Black Knight, Inc., an American corporation that provides integrated technology, services, data and analytics to the mortgage and real estate industries, is buying Optimal Blue, a marketplace platform for the mortgage industry, from private equity firm GTCR for $1.8 billion. 

Black Knight plans to combine Optimal Blue with its Compass Analytics business and form a new entity. Black Knight will retain 60% ownership of the new entity with minority co-investors Cannae Holdings, Inc. and Thomas H. Lee Partners, L.P. 

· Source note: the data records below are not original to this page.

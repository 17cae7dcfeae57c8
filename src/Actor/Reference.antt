-- ===== src/Actor/Reference.antt =====
-- outdated/mcp-server/src/actor/reference.rs: the actor that keeps what a reference stands for. A
-- reply channel is its number.
pub mod Latest
pub mod Handle
use symposium.Prelude.{ℕ, Bool, List, [], ◌∷◌, ◌++◌, Option, if◌then◌else◌}
use symposium.Prelude.Text.{Text}
use symposium.Prelude.Assoc
use symposium.Prelude.Assoc.{text_key}

module _ (Value : Type 0) where
  pub data ReferenceMessage : Type 0 where
    store_reference : (key : Text) (value : Value) (reply_tx : ℕ) → ReferenceMessage
    get_reference : (key : Text) (reply_tx : ℕ) → ReferenceMessage

  pub record ReferenceActor : Type 0 where
    pub storage : List (Text × Value)

  -- What is sent on reply channels: `Ok(())`, or what was found.
  pub data Reply : Type 0 where
    stored : (channel : ℕ) → Reply
    found : (channel : ℕ) → Option Value → Reply

module _ {Value : Type 0} where
  unfoldable pub new : ReferenceActor Value
  new = record { storage = [] }

  -- `listens` says which reply channels have a listener; what is sent on another is lost.
  unfoldable pub handle_message :
      (listens : ℕ → Bool)
      → ReferenceMessage Value
      → ReferenceActor Value
      → ReferenceActor Value × List (Reply Value)
  handle_message listens (store_reference key value reply_tx) s = (
    record s { storage = Assoc.insert key value s.storage },
    (if listens reply_tx then stored reply_tx ∷ [] else []),
  )
  handle_message listens (get_reference key reply_tx) s =
      (s, (if listens reply_tx then found reply_tx (Assoc.get key s.storage) ∷ [] else []))

  unfoldable pub run :
      (listens : ℕ → Bool)
      → List (ReferenceMessage Value)
      → ReferenceActor Value
      → ReferenceActor Value × List (Reply Value)
  unfolding handle_message
  run listens [] s = (s, [])
  run listens (m ∷ ms) s =
      let (t, out) = handle_message listens m s in
      let (u, more) = run listens ms t in (u, out ++ more)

GTCR acquired Optimal Blue in 2016 for $350 million as part of a leveraged buyout. Black Knight currently has 4,300 employees and reported $1.2 billion in revenue last year. The deal is expected to close by the end of the year. 

In Other News

These weren’t the only major developments from the past week. Check out what else is happening:

  • NRG Energy is set to acquire its rival Direct Energy for $3.625 billion in cash. Direct Energy is a subsidiary of U.K.-based Centrica PLC.
  • Cognizant, an IT corporation which provides digital, technology, consulting, and operations services announced it will acquire Microsoft’s Cloud Partner company New Signature.
  • The somewhat obscure company SPARC Group LLC — which is in fact the combination of U.S. mall owner Simon Property Group and apparel-licensing firm Authentic Brands Group — has made a $305 million “stalking horse bid” for the bankrupt Brooks Brothers. 
  • Tailored Brands, owner of men’s apparel chains Men’s Wearhouse and JoS. A. Bank, is expected to file for Chapter 11 bankruptcy protection as soon as its fiscal third quarter. 
  • Rocket Companies, the parent company of Quicken Loans and Rocket Mortgage, filed for an IPO earlier this month and has now set the stage for its proposed debut. 
  • In a somewhat perplexing move to industry insiders, German software colossus SAP SE has decided to spin off experience management platform Qualtrics in a new IPO.
  • The ongoing Covid-19 pandemic has tipped the scales for Ascena Retail Group from simply being burdened by debt, to full-on bankruptcy.